§ **PROBLEM**:
Please repeat, from the entries that follow, the lines from the one containing "pub mod Cleanup" through the one containing "pub outgoing : Map Bytes Bytes" exactly, adding nothing.
── PROVIDED RECORDS
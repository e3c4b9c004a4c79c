-- ===== src/Services/Launch/Served.antt =====
-- The page that the web server gives away while the program runs.
use iot_heater.Prelude.{
  ℕ, ◌+◌, ◌*◌, false, List, [], ◌∷◌, ◌≡◌, refl, subst, sym, ap, none, All, length, Option, some,
  ◌∙◌, Option-cases, inl, inr, if_intro, ◌&&◌,
}
use iot_heater.Text.{
  Bytes, codes, break_at, trim, split, str_eq, starts_with, ends_with, substr, size_sub,
  check_heater_name, check_phone_number_format,
}
use iot_heater.Text.Lines.{Free}
use iot_heater.BaseStation.State.{Station, initial}
use iot_heater.BaseStation.Persist.{
  construct, load_state, load_lines, load_line, load_key, load_default, load_heater, load_named,
  load_emergency, parse_state,
}
use iot_heater.BaseStation.Connections.{handle_new_device}
use iot_heater.BaseStation.Commands.Queue.{handle_sms_command}
use iot_heater.BaseStation.Page.{Machine, device_text, build_webpage}
use iot_heater.BaseStation.Page.Markup.{count_tags, build_webpage-tags}
use iot_heater.BaseStation.Page.Devices.{IsPlain, PlainPeers, process-IsPlain}
use iot_heater.Services.Launch.{
  Host, Program, running, start_program, Event, round, connection, message, handle, main_loop,
}
use iot_heater.Services.Launch.Running.{running_program}

-- The addresses of peers in a round hold no tag.
abbrev pub PlainEvent : Event → Type 0
PlainEvent (round r) = PlainPeers r.ready
PlainEvent (connection fd now) = Unit {0}
PlainEvent (message from content) = Unit {0}

handle-IsPlain : (e : Event) (st : Station) → PlainEvent e → IsPlain st → IsPlain (handle e st).0
unfolding handle handle_new_device handle_sms_command
handle-IsPlain (round r) st f p = process-IsPlain r st f p
handle-IsPlain (connection fd now) st f p = p
handle-IsPlain (message from content) st f p = p

main_loop-IsPlain :
    (es : List Event) (st : Station) → All PlainEvent es → IsPlain st → IsPlain (main_loop es st).0
unfolding main_loop
main_loop-IsPlain [] st f p = p
main_loop-IsPlain (e ∷ es) st f p =
    main_loop-IsPlain es (handle e st).0 f.1 (handle-IsPlain e st f.0 p)

load_default-heaters : (val : Bytes) (st : Station) → (load_default val st).heaters ≡ st.heaters
unfolding load_default
load_default-heaters val st = elim (Option-cases (parse_state val)) [
  | inl e ↦ rw (e, load_default) refl
  | inr (s, e) ↦ rw (e, load_default) refl
]

load_named-heaters :
    (name val : Bytes) (st : Station) → (load_named name val st).heaters ≡ st.heaters
unfolding load_named
load_named-heaters name val st =
    if_intro (λ (x : Station). x.heaters ≡ st.heaters) (check_heater_name name)
      (λ _. elim (Option-cases (parse_state val)) [
        | inl e ↦ rw (e, load_named) refl
        | inr (s, e) ↦ rw (e, load_named) refl
      ])
      (λ _. refl)

load_emergency-heaters : (val : Bytes) (st : Station) → (load_emergency val st).heaters ≡ st.heaters
unfolding load_emergency
load_emergency-heaters val st =
    if_intro (λ (x : Station). x.heaters ≡ st.heaters) (check_phone_number_format val) (λ _. refl)
      (λ _. refl)

load_key-heaters : (key val : Bytes) (st : Station) → (load_key key val st).heaters ≡ st.heaters
unfolding load_key load_heater
load_key-heaters key val st =
    let P = λ (x : Station). x.heaters ≡ st.heaters in
    if_intro P (str_eq key (codes "default_heater_state")) (λ _. load_default-heaters val st)
      (λ _.
        if_intro P (starts_with key (codes "heater_") && ends_with key (codes "_state"))
          (λ _. load_named-heaters (substr key 7 (size_sub (size_sub (length key) 7) 6)) val st)
          (λ _.
            if_intro P (str_eq key (codes "whitelist")) (λ _. refl)
              (λ _.
                if_intro P (str_eq key (codes "emergency_phone"))
                  (λ _. load_emergency-heaters val st) (λ _. refl))))

load_line-heaters : (line : Bytes) (st : Station) → (load_line line st).heaters ≡ st.heaters
unfolding load_line
load_line-heaters line st = elim (Option-cases (break_at b'=' line)) [
  | inl e ↦ rw (e, load_line) refl
  | inr ((key, val), e) ↦ rw (e, load_line) (load_key-heaters (trim key) (trim val) st)
]

load_lines-heaters :
    (lines : List Bytes) (st : Station) → (load_lines lines st).heaters ≡ st.heaters
unfolding load_lines
load_lines-heaters [] st = refl
load_lines-heaters (line ∷ rest) st =
    load_lines-heaters rest (load_line line st) ∙ load_line-heaters line st

-- The state file names no device.
construct-heaters : (file : Option Bytes) (word : ℕ) → (construct file word).0.heaters ≡ []
unfolding construct load_state initial
construct-heaters none word = refl
construct-heaters (some text) word = load_lines-heaters (split b'\n' text) initial

-- While the program runs, on any bytes from devices and any text messages, the page has the tags of
-- its frame and fourteen for each heater listed, and no other: what devices send brings in none.
-- This takes the addresses of peers and the texts of times to hold no `<`.
pub served_page-tags :
    (h : Host) (p : Program) (es : List Event) (m : Machine)
    → h.sockets.listen_works none ≡ false
    → start_program h ≡ running p
    → All PlainEvent es
    → ((t : ℕ) → Free b'<' (m.time_text t))
    → let st = (main_loop es p.base_station).0 in
      count_tags (build_webpage m st) ≡ 31 + count_tags (device_text m) + 14 * length st.heaters
served_page-tags h p es m r e f t =
    let up = running_program h p r e in
    let none_yet : p.base_station.heaters ≡ [] =
      ap (λ (st : Station). st.heaters) up.8 ∙ construct-heaters h.state_file h.word in
    build_webpage-tags m _ t
      (main_loop-IsPlain es p.base_station f (subst (All _) (sym none_yet) tt))
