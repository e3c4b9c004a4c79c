-- ===== src/Services/Listener/Clients.antt =====
-- The life of the device server, and what becomes of its clients.
use iot_heater.Prelude.{
  ℕ, true, false, List, [], ◌∷◌, ◌++◌, none, some, ◌≡◌, refl, ◌∙◌, arith, append-nil, append_assoc,
  All, length, suc, ◌+◌, ◌&&◌, if◌then◌else◌, ◌≢◌,
}
use iot_heater.BaseStation.State.{Station, DeviceConnection}
use iot_heater.BaseStation.Connections.{handle_new_device}
use iot_heater.Services.Listener.{
  Server, created, Sockets, start, stop, Turn, cleared, poll_failed, timeout, other_event,
  accept_failed, client, run, listen_and_spawn, drop_socket, close_socket, without,
}

-- The flag, the thread and the socket agree.
pub record IsCoherent (s : Server) : Type 0 where
  pub thread : s.has_thread ≡ s.running
  pub listening : s.running ≡ true → s.fd ≢ none

-- What a caller may do with the object, but for its destruction.
pub data Call : Type 0 where
  start_call : Sockets → Call
  stop_call : Call

abbrev pub perform : Call → Server → Server
perform (start_call c) s = (start c s).0
perform stop_call s = stop s

abbrev pub perform_all : List Call → Server → Server
perform_all [] s = s
perform_all (c ∷ cs) s = perform_all cs (perform c s)

-- `listen` fails on -1.
abbrev pub Refuses : Call → Type 0
Refuses (start_call c) = c.listen_works none ≡ false
Refuses stop_call = Unit {0}

start-IsCoherent :
    (c : Sockets) (s : Server)
    → c.listen_works none ≡ false
    → IsCoherent s
    → IsCoherent (start c s).0
unfolding start listen_and_spawn drop_socket close_socket
start-IsCoherent c s r v = ground (arith, v.thread, v.listening)

stop-IsCoherent : (s : Server) → IsCoherent s → IsCoherent (stop s)
unfolding stop
stop-IsCoherent s v = ground (arith, v.thread, v.listening)

perform_all-keeps :
    (cs : List Call) (s : Server) → All Refuses cs → IsCoherent s → IsCoherent (perform_all cs s)
perform_all-keeps [] s r v = v
perform_all-keeps (start_call c ∷ cs) s r v =
    perform_all-keeps cs (start c s).0 r.1 (start-IsCoherent c s r.0 v)
perform_all-keeps (stop_call ∷ cs) s r v = perform_all-keeps cs (stop s) r.1 (stop-IsCoherent s v)

-- After any calls of `start` and `stop`, the flag and the thread agree, and a running server has a
-- descriptor, if `listen` on -1 fails.
pub perform_all-IsCoherent : (cs : List Call) → All Refuses cs → IsCoherent (perform_all cs created)
unfolding created
perform_all-IsCoherent cs r =
    perform_all-keeps cs created r (record { thread = refl; listening = λ e. cc })

-- A stopped server that gets a socket is running after `start` exactly if `bind` and `listen` have
-- succeeded on it, and has closed the socket if not, if `listen` on -1 fails.
pub start-outcome :
    (c : Sockets) (s : Server) (n : ℕ)
    → s.running ≡ false
    → c.socket ≡ some n
    → c.listen_works none ≡ false
    → ((start c s).0.running ≡ (c.bind_works && c.listen_works (some n)))
      × ((start c s).0.open_sockets ≡ (
          if c.bind_works && c.listen_works (some n)
          then n ∷ s.open_sockets
          else without n s.open_sockets))
unfolding start listen_and_spawn drop_socket close_socket without
start-outcome c s n idle e r = ground (arith, idle, e, r)

-- Calls that let a server listen.
abbrev pub Works : Sockets → Type 0
Works c = (n : ℕ) × (c.socket ≡ some n) × (c.bind_works ≡ true) × (c.listen_works (some n) ≡ true)

-- `start` and `stop`, time and again.
abbrev pub cycles : List Sockets → Server → Server
cycles [] s = s
cycles (c ∷ cs) s = cycles cs (stop (start c s).0)

cycle-leaks :
    (c : Sockets) (s : Server)
    → Works c
    → s.running ≡ false
    → ((stop (start c s).0).running ≡ false)
      × (length (stop (start c s).0).open_sockets ≡ suc (length s.open_sockets))
unfolding start listen_and_spawn stop
cycle-leaks c s (n, e, b, l) idle = ground (arith, idle, e, b, l)

cycles-leak :
    (cs : List Sockets) (s : Server)
    → All Works cs
    → s.running ≡ false
    → length (cycles cs s).open_sockets ≡ length s.open_sockets + length cs
cycles-leak [] s w idle = omega arith
cycles-leak (c ∷ cs) s w idle =
    let (idle', grown) = cycle-leaks c s w.0 idle in
    cycles-leak cs (stop (start c s).0) w.1 idle' ∙ omega (arith, grown)

-- Each `start` that works, followed by a `stop`, leaves one more socket open.
pub restarts_leak :
    (cs : List Sockets) → All Works cs → length (cycles cs created).open_sockets ≡ length cs
unfolding created
restarts_leak cs w = cycles-leak cs created w refl ∙ omega arith

-- The connections that the turns bring, in order: up to the first turn that finds the flag
-- cleared or an error of `poll`.
abbrev pub accepted : List Turn → List DeviceConnection
accepted [] = []
accepted (cleared ∷ ts) = []
accepted (poll_failed ∷ ts) = []
accepted (timeout ∷ ts) = accepted ts
accepted (other_event ∷ ts) = accepted ts
accepted (accept_failed ∷ ts) = accepted ts
accepted (client fd now ∷ ts) = record { fd = fd; last_seen = now } ∷ accepted ts

-- The thread of the device server hands each client that it accepts to the base station, in order,
-- with the time of its arrival, and closes none, until the turn that finds the flag cleared or an
-- error of `poll`; nothing else of the base station changes.
pub run-connections :
    (ts : List Turn) (closed : List ℕ) (st : Station)
    → ((run (some handle_new_device) ts closed st).state
        ≡ record st { connections = st.connections ++ accepted ts })
      × ((run (some handle_new_device) ts closed st).closed ≡ closed)
unfolding run handle_new_device
run-connections [] closed st = (rw (append-nil st.connections) refl, refl)
run-connections (cleared ∷ ts) closed st = (rw (append-nil st.connections) refl, refl)
run-connections (poll_failed ∷ ts) closed st = (rw (append-nil st.connections) refl, refl)
run-connections (timeout ∷ ts) closed st = run-connections ts closed st
run-connections (other_event ∷ ts) closed st = run-connections ts closed st
run-connections (accept_failed ∷ ts) closed st = run-connections ts closed st
run-connections (client fd now ∷ ts) closed st =
    let (state, same) = run-connections ts closed (handle_new_device fd now st) in
    (state ∙ rw append_assoc refl, same)
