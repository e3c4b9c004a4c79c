-- ===== src/Services/Options/Ports.antt =====
-- Numbers printed by `operator<<` are read back by `std::stoi`, and the ports of a command line.
use iot_heater.Prelude.{
  ℕ, zero, suc, ◌+◌, ◌*◌, ◌/◌, ◌%◌, ◌^◌, ◌<◌, true, false, List, [], ◌∷◌, ◌++◌, ◌≡◌, refl, ap, ◌∙◌,
  arith, All, ltb, ◌==◌, if_intro, sym, pos,
}
use iot_heater.Text.{Bytes, codes, is_digit, is_space, trim_front, decimal, decimal_onto}
use iot_heater.Services.Options.{value, digits_value, unsigned_digits, stoi, parse_args}

abbrev pow10 : ℕ → ℕ
pow10 zero = 1
pow10 (suc k) = 10 * pow10 k

-- The digits of a number, read behind nothing, come to the number.
digits_value-decimal_onto :
    (k n : ℕ) (s : Bytes)
    → n < 10 * pow10 k
    → digits_value 0 (decimal_onto (suc k) n s) ≡ digits_value n s
unfolding digits_value decimal_onto is_digit
digits_value-decimal_onto zero n s h = ground arith
digits_value-decimal_onto (suc k) n s h =
    ground (arith, digits_value-decimal_onto k (n / 10) ((b'0' + n % 10) ∷ s))

-- The text starts with a digit.
abbrev StartsDigit : Bytes → Type 0
StartsDigit t = (c : ℕ) × (r : Bytes) × (t ≡ c ∷ r) × (is_digit c ≡ true)

decimal_onto-StartsDigit : (k n : ℕ) (s : Bytes) → StartsDigit (decimal_onto (suc k) n s)
unfolding decimal_onto
decimal_onto-StartsDigit k n s =
    let digit : is_digit (b'0' + n % 10) ≡ true = unfold is_digit in ground arith in
    let last : StartsDigit ((b'0' + n % 10) ∷ s) = (b'0' + n % 10, s, refl, digit) in
    more k n s last
  where
    more :
        (k n : ℕ) (s : Bytes)
        → StartsDigit ((b'0' + n % 10) ∷ s)
        → StartsDigit (decimal_onto (suc k) n s)
    more zero n s last = if_intro StartsDigit (ltb n 10) (λ _. last) (λ _. last)
    more (suc k) n s last =
        let digit : is_digit (b'0' + n / 10 % 10) ≡ true = unfold is_digit in ground arith in
        let t : Bytes = (b'0' + n % 10) ∷ s in
        if_intro StartsDigit (ltb n 10) (λ _. last)
          (λ _. more k (n / 10) t (b'0' + n / 10 % 10, t, refl, digit))

digit-plain :
    (c : ℕ)
    → is_digit c ≡ true
    → (is_space c ≡ false) × ((c == b'-') ≡ false) × ((c == b'+') ≡ false)
unfolding is_digit is_space
digit-plain c h = ground arith

stoi-digits :
    (n c : ℕ) (r : Bytes)
    → is_digit c ≡ true
    → digits_value 0 (c ∷ r) ≡ n
    → n < 2 ^ 31
    → stoi (c ∷ r) ≡ value (pos n)
unfolding stoi unsigned_digits trim_front
stoi-digits n c r d e h = ground (arith, digit-plain c d)

-- A number below 2 ^ 31 that was printed in decimal is read back by `stoi`.
pub stoi-decimal : (n : ℕ) → n < 2 ^ 31 → stoi (decimal n) ≡ value (pos n)
stoi-decimal n h =
    let (c, r, starts, digit) = decimal_onto-StartsDigit 19 n [] in
    let shape : decimal n ≡ c ∷ r = unfold decimal in starts in
    let read : digits_value 0 (decimal n) ≡ n =
      unfold decimal in digits_value-decimal_onto 19 n [] (omega arith) ∙ nothing_left n in
    ap stoi shape ∙ stoi-digits n c r digit (ap (digits_value 0) (sym shape) ∙ read) h
  where
    nothing_left : (n : ℕ) → digits_value n [] ≡ n
    nothing_left n = unfold digits_value in refl

-- The arguments that set these ports, one after the other.
abbrev pub port_args : List ℕ → List Bytes
port_args [] = []
port_args (n ∷ ns) = codes "--device-server-port" ∷ decimal n ∷ port_args ns

abbrev pub last_or : ℕ → List ℕ → ℕ
last_or port [] = port
last_or port (n ∷ ns) = last_or n ns

-- `--device-server-port` with a port below 2 ^ 31 printed in decimal, any number of times: the port
-- is the last one given, and what follows is read as if it stood alone with that port.
pub parse_args-ports :
    (port : ℕ) (ns : List ℕ) (rest : List Bytes)
    → All (λ n. n < 2 ^ 31) ns
    → parse_args port (port_args ns ++ rest) ≡ parse_args (last_or port ns) rest
unfolding parse_args
parse_args-ports port [] rest h = refl
parse_args-ports port (n ∷ ns) rest h =
    rw (stoi-decimal n h.0, parse_args) (parse_args-ports n ns rest h.1)
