-- ===== src/Services/Timing.antt =====
-- `Timer` of base_station/src/timer.cpp and `wait_ms` of main.cpp.
use iot_heater.Prelude.{
  ℕ, zero, suc, ◌+◌, ◌-◌, ◌*◌, ◌/◌, ◌<◌, Bool, true, false, Option, none, some, ◌≡◌, refl, arith,
  if◌then◌else◌, Option-cases, inl, inr, ◌∙◌, ◌≢◌, List, [], ◌∷◌,
}

-- `struct itimerspec`.
pub record Spec : Type 0 where
  pub value_sec : ℕ
  pub value_nsec : ℕ
  pub interval_sec : ℕ
  pub interval_nsec : ℕ

-- The descriptor, and what the timer was last set to.
pub record Timer : Type 0 where
  pub fd : Option ℕ
  pub setting : Option Spec

-- The constructor.
unfoldable pub created : Timer
created = record { fd = none; setting = none }

unfoldable pub spec_of : ℕ → Bool → Spec
spec_of period_ms periodic =
    let sec = period_ms / 1000 in
    let nsec = (period_ms - sec * 1000) * 1000 * 1000 in
    record {
      value_sec = sec;
      value_nsec = nsec;
      interval_sec = if periodic then sec else 0;
      interval_nsec = if periodic then nsec else 0;
    }

-- `start`; the first argument is what `timerfd_create` gives, and `none` a thrown exception.
unfoldable pub start : Option ℕ → ℕ → Bool → Timer → Option Timer
unfolding spec_of
start new_fd period_ms periodic t =
    let setting = some (spec_of period_ms periodic) in
    elim t.fd [
      | some fd ↦ some (record { fd = some fd; setting = setting })
      | none ↦ elim new_fd [
        | none ↦ none
        | some fd ↦ some (record { fd = some fd; setting = setting })
      ]
    ]

abbrev pub disarmed : Spec
disarmed = record { value_sec = 0; value_nsec = 0; interval_sec = 0; interval_nsec = 0 }

unfoldable pub stop : Timer → Timer
stop t = elim t.fd [ none ↦ t | some fd ↦ record t { setting = some disarmed } ]

-- `getFD`.
unfoldable pub get_fd : Timer → Option ℕ
get_fd t = t.fd

-- The time in nanoseconds that a `timespec` stands for.
abbrev pub nanoseconds : ℕ → ℕ → ℕ
nanoseconds sec nsec = sec * 1_000_000_000 + nsec

-- The request of `wait_ms`.
unfoldable pub wait_request : ℕ → ℕ
wait_request ms = let sec = ms / 1000 in nanoseconds sec ((ms - sec * 1000) * 1000 * 1000)

-- `while (nanosleep(&req, &rem)) req = rem;`, on fuel, with what each call sleeps, in order. The
-- argument `interrupt` gives, for the number of the call and the time asked for, the time that
-- remains, or nothing for a call that is not interrupted.
unfoldable pub sleep_loop : ℕ → (ℕ → ℕ → Option ℕ) → ℕ → ℕ → Option (List ℕ)
sleep_loop zero interrupt call req = none
sleep_loop (suc fuel) interrupt call req = elim (interrupt call req) [
  | none ↦ some (req ∷ [])
  | some rem ↦ elim (sleep_loop fuel interrupt (suc call) rem) [
    | none ↦ none
    | some slept ↦ some ((req - rem) ∷ slept)
  ]
]

-- `wait_ms`: the time it sleeps, in nanoseconds, call by call. Each interruption takes a nanosecond
-- at least, so the time asked for is enough fuel.
unfoldable pub wait_ms : (ℕ → ℕ → Option ℕ) → ℕ → Option (List ℕ)
unfolding sleep_loop wait_request
wait_ms interrupt ms = sleep_loop (suc (wait_request ms)) interrupt 0 (wait_request ms)

period_exact :
    (period_ms : ℕ) (periodic : Bool)
    → let s = spec_of period_ms periodic in
      (nanoseconds s.value_sec s.value_nsec ≡ period_ms * 1_000_000)
      × (s.value_nsec < 1_000_000_000)
      × (nanoseconds s.interval_sec s.interval_nsec
          ≡ (if periodic then period_ms * 1_000_000 else 0))
      × (s.interval_nsec < 1_000_000_000)
unfolding spec_of
period_exact period_ms true = omega arith
period_exact period_ms false = omega arith

start-setting :
    (new_fd : Option ℕ) (period_ms : ℕ) (periodic : Bool) (t t' : Timer)
    → start new_fd period_ms periodic t ≡ some t'
    → (t'.setting ≡ some (spec_of period_ms periodic)) × (t'.fd ≢ none)
unfolding start
start-setting new_fd period_ms periodic t t' e = ground arith

-- A timer that `start` returns is set to expire after exactly the period in milliseconds, and again
-- after each such period if it is periodic, else never; the nanoseconds stay below a second, as
-- `timerfd_settime` demands.
pub timer_period :
    (new_fd : Option ℕ) (period_ms : ℕ) (periodic : Bool) (t t' : Timer)
    → start new_fd period_ms periodic t ≡ some t'
    → (s : Spec) × (t'.setting ≡ some s)
      × (nanoseconds s.value_sec s.value_nsec ≡ period_ms * 1_000_000)
      × (s.value_nsec < 1_000_000_000)
      × (nanoseconds s.interval_sec s.interval_nsec
          ≡ (if periodic then period_ms * 1_000_000 else 0))
      × (s.interval_nsec < 1_000_000_000)
timer_period new_fd period_ms periodic t t' e =
    let exact = period_exact period_ms periodic in
    (
      spec_of period_ms periodic,
      (start-setting new_fd period_ms periodic t t' e).0,
      exact.0,
      exact.1,
      exact.2,
      exact.3,
    )

abbrev pub total : List ℕ → ℕ
total [] = 0
total (x ∷ xs) = x + total xs

-- What a call of `nanosleep` leaves is less than what it was asked for.
abbrev pub Progresses : (ℕ → ℕ → Option ℕ) → Type 0
Progresses interrupt = (call req rem : ℕ) → interrupt call req ≡ some rem → rem < req

sleep_loop-total :
    (fuel : ℕ) (interrupt : ℕ → ℕ → Option ℕ) (call req : ℕ)
    → Progresses interrupt
    → req < fuel
    → (slept : List ℕ) × (sleep_loop fuel interrupt call req ≡ some slept) × (total slept ≡ req)
unfolding sleep_loop
sleep_loop-total zero interrupt call req p h = elim h [ ]
sleep_loop-total (suc fuel) interrupt call req p h = elim (Option-cases (interrupt call req)) [
  | inl e ↦ (req ∷ [], rw (e, sleep_loop) refl, omega arith)
  | inr (rem, e) ↦
      let less = p call req rem e in
      let (slept, done, sum) =
        sleep_loop-total fuel interrupt (suc call) rem p (omega (arith, less)) in
      (
        (req - rem) ∷ slept,
        rw (e, sleep_loop) (rw (done, sleep_loop) refl),
        omega (arith, less, sum),
      )
]

-- If each interrupted `nanosleep` leaves less than it was asked for, `wait_ms` ends, after as many
-- calls as it takes, and has slept the time asked for in all.
pub wait_ms-ends :
    (interrupt : ℕ → ℕ → Option ℕ) (ms : ℕ)
    → Progresses interrupt
    → (slept : List ℕ) × (wait_ms interrupt ms ≡ some slept) × (total slept ≡ ms * 1_000_000)
unfolding wait_ms wait_request
wait_ms-ends interrupt ms p =
    let (slept, done, sum) =
      sleep_loop-total (suc (wait_request ms)) interrupt 0 (wait_request ms) p (omega arith) in
    (slept, done, sum ∙ omega arith)
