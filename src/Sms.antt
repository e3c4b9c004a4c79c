-- ===== src/Sms.antt =====
-- The classes that send and receive text messages: base_station/src/sms_sender.cpp and
-- base_station/src/sms_receiver.cpp. The daemon of smstools keeps one file for each message.
pub mod Sender
pub mod Receiver
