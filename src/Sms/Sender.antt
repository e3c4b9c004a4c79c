-- ===== src/Sms/Sender.antt =====
-- `SMSSender`: one file for each message in the outgoing directory, and the list of the files that
-- were sent.
pub mod Cleanup
use iot_heater.Prelude.{
  ℕ, ◌+◌, ◌-◌, ◌/◌, ◌%◌, ◌^◌, Bool, true, false, not, ◌&&◌, List, [], Option, none, some, ◌∷◌, ◌++◌,
  if◌then◌else◌, ltb,
}
use iot_heater.OrdMap.{Map, insert, erase}
use iot_heater.OrdMap.Keys.{str_order}
use iot_heater.Text.{Bytes, codes, decimal}

-- In seconds.
abbrev pub sms_too_old : ℕ
sms_too_old = 900

-- The members, and the files of the outgoing directory.
pub record Sender : Type 0 where
  pub counter : ℕ
  pub old_files : Map Bytes ℕ
  pub outgoing : Map Bytes Bytes

-- An entry that `readdir` gives: whether it is a regular file, and whether `remove` takes it away.
pub record DirEntry : Type 0 where
  pub name : Bytes
  pub regular : Bool
  pub removed : Bool

unfoldable pub remove_entries : List DirEntry → Map Bytes Bytes → Map Bytes Bytes
unfolding erase
remove_entries [] files = files
remove_entries (e ∷ es) files =
    remove_entries es (if e.regular && e.removed then erase e.name files else files)

-- `cleanOutgoingDir`, called by the constructor; `none` is an `opendir` that fails.
unfoldable pub clean_outgoing_dir : Option (List DirEntry) → Sender → Sender
unfolding remove_entries
clean_outgoing_dir none s = s
clean_outgoing_dir (some es) s = record s { outgoing = remove_entries es s.outgoing }

unfoldable pub filename : ℕ → ℕ → Bytes
unfolding decimal
filename pid counter = codes "sms_" ++ (decimal pid ++ (b'_' ∷ decimal counter))

abbrev pub outgoing_text : Bytes → Bytes → Bytes
outgoing_text to content = codes "To: " ++ (to ++ (b'\n' ∷ b'\n' ∷ (content ++ codes "\n")))

-- What `sendSMS` meets: the process id, whether the device file of the module is there, whether
-- `rename` succeeds, and the steady clock in nanoseconds.
pub record Sending : Type 0 where
  pub pid : ℕ
  pub present : Bool
  pub renamed : Bool
  pub now : ℕ

-- `sendSMS`, and its result.
unfoldable pub send_sms_file : Sending → Bytes → Bytes → Sender → Sender × Bool
unfolding filename insert
send_sms_file i to content s =
    let name = filename i.pid s.counter in
    let counted = record s { counter = (s.counter + 1) % 2 ^ 64 } in
    if not i.present then (s, false) else if not i.renamed then (counted, false) else (
      record counted {
        old_files = insert name i.now s.old_files;
        outgoing = insert name (outgoing_text to content) s.outgoing;
      },
      true,
    )

-- `duration_cast<seconds>(now - timestamp) < SMS_TOO_OLD`.
unfoldable pub is_young : ℕ → ℕ → Bool
is_young now timestamp = ltb ((now - timestamp) / 1_000_000_000) sms_too_old

-- The loop of `cleanupSMS` over the list. `removed` is whether `remove` takes the file of a name
-- away: one that fails is logged, and the loop goes on.
unfoldable pub remove_old : (Bytes → Bool) → ℕ → Map Bytes ℕ → Map Bytes Bytes → Map Bytes Bytes
unfolding is_young erase
remove_old removed now [] files = files
remove_old removed now ((name, timestamp) ∷ old) files =
    remove_old removed now old
      (if is_young now timestamp then files else if removed name then erase name files else files)

-- `SMSSender::cleanupSMS`: the whole list is cleared at the end.
unfoldable pub cleanup_sms_dir : (Bytes → Bool) → ℕ → Sender → Sender
unfolding remove_old
cleanup_sms_dir removed now s = record s {
  old_files = [];
  outgoing = remove_old removed now s.old_files s.outgoing;
}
────
§ **ANSWER TO THE PROBLEM**:
pub mod Cleanup
use iot_heater.Prelude.{
  ℕ, ◌+◌, ◌-◌, ◌/◌, ◌%◌, ◌^◌, Bool, true, false, not, ◌&&◌, List, [], Option, none, some, ◌∷◌, ◌++◌,
  if◌then◌else◌, ltb,
}
use iot_heater.OrdMap.{Map, insert, erase}
use iot_heater.OrdMap.Keys.{str_order}
use iot_heater.Text.{Bytes, codes, decimal}

-- In seconds.
abbrev pub sms_too_old : ℕ
sms_too_old = 900

-- The members, and the files of the outgoing directory.
pub record Sender : Type 0 where
  pub counter : ℕ
  pub old_files : Map Bytes ℕ
  pub outgoing : Map Bytes Bytes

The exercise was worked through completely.